Saved entries:
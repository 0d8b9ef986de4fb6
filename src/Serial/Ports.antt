-- ===== src/Serial/Ports.antt =====
-- Which ports the console functions touch.
use toy_bootloader.Common.{
  ℕ, ◌≤◌, ◌<◌, ◌≡◌, refl, inl, inr, Bool, true, false, some, List, [], ◌∷◌, arith, bit_and, bit_or,
  u8, ◌==◌, Bool-cases,
}
use toy_bootloader.Machine.{
  Trace, inb, outb, Env, Machine, Arg, M, do_inb, do_outb, Adds, Adds-refl, Adds-event, Adds-trans,
}
use toy_bootloader.Serial.Defs.{com1, setbr, init_once, line_status, put_chars, puts, printf}
use Prim.Native.String.{String}

abbrev pub IsCom : ℕ → Type 0
IsCom p = (0x3F8 ≤ p) × (p < 0x3FE)

-- The computation returns, and changes at most the trace, by accesses to the line, and `is_init`.
pub record OnLine {A : Type 0} (p : M A) (m : Machine) : Type 0 where
  pub value : A
  pub init : ℕ
  pub trace : Trace
  pub returns : p m ≡ some (value, record m { is_init = init; trace = trace })
  pub adds : Adds IsCom m.trace trace

setbr-OnLine : (env : Env) (fifo : Bool) (m : Machine) → OnLine (setbr env fifo) m
unfolding setbr do_inb do_outb
setbr-OnLine env fifo m = split fifo
  where
    lcr : ℕ
    lcr = u8 (env.read m.trace 0x3FB)

    base : Trace
    base =
        outb 0x3FB (u8 (bit_and lcr 0x47))
        ∷ outb 0x3F9 0
        ∷ outb 0x3F8 3
        ∷ outb 0x3FB (u8 (bit_or lcr 0x80))
        ∷ inb 0x3FB lcr
        ∷ m.trace

    base-Adds : Adds IsCom m.trace base
    base-Adds = Adds-event IsCom _ (omega arith) (
        Adds-event IsCom _ (omega arith) (
          Adds-event IsCom _ (omega arith) (
            Adds-event IsCom _ (omega arith)
              (Adds-event IsCom (inb 0x3FB lcr) (omega arith) (Adds-refl IsCom m.trace)))))

    split : (fifo : Bool) → OnLine (setbr env fifo) m
    split true = record {
      value = tt;
      init = m.is_init;
      trace = outb 0x3FA 0xC7 ∷ base;
      returns = refl;
      adds = Adds-event IsCom _ (omega arith) base-Adds;
    }
    split false = record {
      value = tt;
      init = m.is_init;
      trace = base;
      returns = refl;
      adds = base-Adds;
    }

init_once-OnLine : (env : Env) (fifo : Bool) (m : Machine) → OnLine (init_once env fifo) m
unfolding init_once
init_once-OnLine env fifo m = elim (Bool-cases (m.is_init == 0)) [
  | inl fresh ↦
      let s = setbr-OnLine env fifo (record m { is_init = 1 }) in
      record {
        value = tt;
        init = s.init;
        trace = s.trace;
        returns = ground (arith, fresh, s.returns);
        adds = s.adds;
      }
  | inr old ↦ record {
    value = tt;
    init = m.is_init;
    trace = m.trace;
    returns = ground (arith, old);
    adds = Adds-refl IsCom m.trace;
  }
]

pub put_chars-OnLine : (s : List ℕ) (m : Machine) → OnLine (put_chars s) m
unfolding put_chars do_outb
put_chars-OnLine [] m = record {
  value = tt;
  init = m.is_init;
  trace = m.trace;
  returns = refl;
  adds = Adds-refl IsCom m.trace;
}
put_chars-OnLine (c ∷ s) m = elim (Bool-cases (c == 0)) [
  | inl stop ↦ record {
    value = tt;
    init = m.is_init;
    trace = m.trace;
    returns = rw (stop, put_chars);
    adds = Adds-refl IsCom m.trace;
  }
  | inr go ↦ elim (Bool-cases (c == b'\n')) [
    | inl newline ↦
        let t = outb com1 (u8 c) ∷ outb com1 b'\r' ∷ m.trace in
        let rest = put_chars-OnLine s (record m { trace = t }) in
        record {
          value = tt;
          init = rest.init;
          trace = rest.trace;
          returns = rw (go, put_chars) (ground (arith, newline, rest.returns));
          adds =
              Adds-trans IsCom
                (Adds-event IsCom (outb com1 (u8 c)) (omega arith)
                  (Adds-event IsCom (outb com1 b'\r') (omega arith) (Adds-refl IsCom m.trace)))
                rest.adds;
        }
    | inr other ↦
        let t = outb com1 (u8 c) ∷ m.trace in
        let rest = put_chars-OnLine s (record m { trace = t }) in
        record {
          value = tt;
          init = rest.init;
          trace = rest.trace;
          returns = rw (go, put_chars) (ground (arith, other, rest.returns));
          adds =
              Adds-trans IsCom
                (Adds-event IsCom (outb com1 (u8 c)) (omega arith) (Adds-refl IsCom m.trace))
                rest.adds;
        }
  ]
]

pub printf-OnLine :
    (env : Env) (fmt : String) (args : List Arg) (m : Machine) → OnLine (printf env fmt args) m
unfolding printf puts line_status do_inb
printf-OnLine env fmt args m =
    let a = init_once-OnLine env true m in
    let b =
      put_chars-OnLine (env.format fmt args) (record m { is_init = a.init; trace = a.trace }) in
    let v = u8 (env.read b.trace 0x3FD) in
    record {
      value = tt;
      init = b.init;
      trace = inb 0x3FD v ∷ b.trace;
      returns = ground (arith, a.returns, b.returns);
      adds = Adds-event IsCom _ (omega arith) (Adds-trans IsCom a.adds b.adds);
    }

■ WHAT TO WORK ON: You are asked to transcribe the complete data exactly.

■ OUTPUT FOR THIS TASK:
repository 0d8b9ef986de4fb6
filename src/Serial/Ports.antt
-- ===== src/Serial/Ports.antt =====
-- Which ports the console functions touch.
use toy_bootloader.Common.{
  ℕ, ◌≤◌, ◌<◌, ◌≡◌, refl, inl, inr, Bool, true, false, some, List, [], ◌∷◌, arith, bit_and, bit_or,
  u8, ◌==◌, Bool-cases,
}
use toy_bootloader.Machine.{
  Trace, inb, outb, Env, Machine, Arg, M, do_inb, do_outb, Adds, Adds-refl, Adds-event, Adds-trans,
}
use toy_bootloader.Serial.Defs.{com1, setbr, init_once, line_status, put_chars, puts, printf}
use Prim.Native.String.{String}

abbrev pub IsCom : ℕ → Type 0
IsCom p = (0x3F8 ≤ p) × (p < 0x3FE)

-- The computation returns, and changes at most the trace, by accesses to the line, and `is_init`.
pub record OnLine {A : Type 0} (p : M A) (m : Machine) : Type 0 where
  pub value : A
  pub init : ℕ
  pub trace : Trace
  pub returns : p m ≡ some (value, record m { is_init = init; trace = trace })
  pub adds : Adds IsCom m.trace trace

setbr-OnLine : (env : Env) (fifo : Bool) (m : Machine) → OnLine (setbr env fifo) m
unfolding setbr do_inb do_outb
setbr-OnLine env fifo m = split fifo
  where
    lcr : ℕ
    lcr = u8 (env.read m.trace 0x3FB)

    base : Trace
    base =
        outb 0x3FB (u8 (bit_and lcr 0x47))
        ∷ outb 0x3F9 0
        ∷ outb 0x3F8 3
        ∷ outb 0x3FB (u8 (bit_or lcr 0x80))
        ∷ inb 0x3FB lcr
        ∷ m.trace

    base-Adds : Adds IsCom m.trace base
    base-Adds = Adds-event IsCom _ (omega arith) (
        Adds-event IsCom _ (omega arith) (
          Adds-event IsCom _ (omega arith) (
            Adds-event IsCom _ (omega arith)
              (Adds-event IsCom (inb 0x3FB lcr) (omega arith) (Adds-refl IsCom m.trace)))))

    split : (fifo : Bool) → OnLine (setbr env fifo) m
    split true = record {
      value = tt;
      init = m.is_init;
      trace = outb 0x3FA 0xC7 ∷ base;
      returns = refl;
      adds = Adds-event IsCom _ (omega arith) base-Adds;
    }
    split false = record {
      value = tt;
      init = m.is_init;
      trace = base;
      returns = refl;
      adds = base-Adds;
    }

init_once-OnLine : (env : Env) (fifo : Bool) (m : Machine) → OnLine (init_once env fifo) m
unfolding init_once
init_once-OnLine env fifo m = elim (Bool-cases (m.is_init == 0)) [
  | inl fresh ↦
      let s = setbr-OnLine env fifo (record m { is_init = 1 }) in
      record {
        value = tt;
        init = s.init;
        trace = s.trace;
        returns = ground (arith, fresh, s.returns);
        adds = s.adds;
      }
  | inr old ↦ record {
    value = tt;
    init = m.is_init;
    trace = m.trace;
    returns = ground (arith, old);
    adds = Adds-refl IsCom m.trace;
  }
]

pub put_chars-OnLine : (s : List ℕ) (m : Machine) → OnLine (put_chars s) m
unfolding put_chars do_outb
put_chars-OnLine [] m = record {
  value = tt;
  init = m.is_init;
  trace = m.trace;
  returns = refl;
  adds = Adds-refl IsCom m.trace;
}
put_chars-OnLine (c ∷ s) m = elim (Bool-cases (c == 0)) [
  | inl stop ↦ record {
    value = tt;
    init = m.is_init;
    trace = m.trace;
    returns = rw (stop, put_chars);
    adds = Adds-refl IsCom m.trace;
  }
  | inr go ↦ elim (Bool-cases (c == b'\n')) [
    | inl newline ↦
        let t = outb com1 (u8 c) ∷ outb com1 b'\r' ∷ m.trace in
        let rest = put_chars-OnLine s (record m { trace = t }) in
        record {
          value = tt;
          init = rest.init;
          trace = rest.trace;
          returns = rw (go, put_chars) (ground (arith, newline, rest.returns));
          adds =
              Adds-trans IsCom
                (Adds-event IsCom (outb com1 (u8 c)) (omega arith)
                  (Adds-event IsCom (outb com1 b'\r') (omega arith) (Adds-refl IsCom m.trace)))
                rest.adds;
        }
    | inr other ↦
        let t = outb com1 (u8 c) ∷ m.trace in
        let rest = put_chars-OnLine s (record m { trace = t }) in
        record {
          value = tt;
          init = rest.init;
          trace = rest.trace;
          returns = rw (go, put_chars) (ground (arith, other, rest.returns));
          adds =
              Adds-trans IsCom
                (Adds-event IsCom (outb com1 (u8 c)) (omega arith) (Adds-refl IsCom m.trace))
                rest.adds;
        }
  ]
]

pub printf-OnLine :
    (env : Env) (fmt : String) (args : List Arg) (m : Machine) → OnLine (printf env fmt args) m
unfolding printf puts line_status do_inb
printf-OnLine env fmt args m =
    let a = init_once-OnLine env true m in
    let b =
      put_chars-OnLine (env.format fmt args) (record m { is_init = a.init; trace = a.trace }) in
    let v = u8 (env.read b.trace 0x3FD) in
    record {
      value = tt;
      init = b.init;
      trace = inb 0x3FD v ∷ b.trace;
      returns = ground (arith, a.returns, b.returns);
      adds = Adds-event IsCom _ (omega arith) (Adds-trans IsCom a.adds b.adds);
    }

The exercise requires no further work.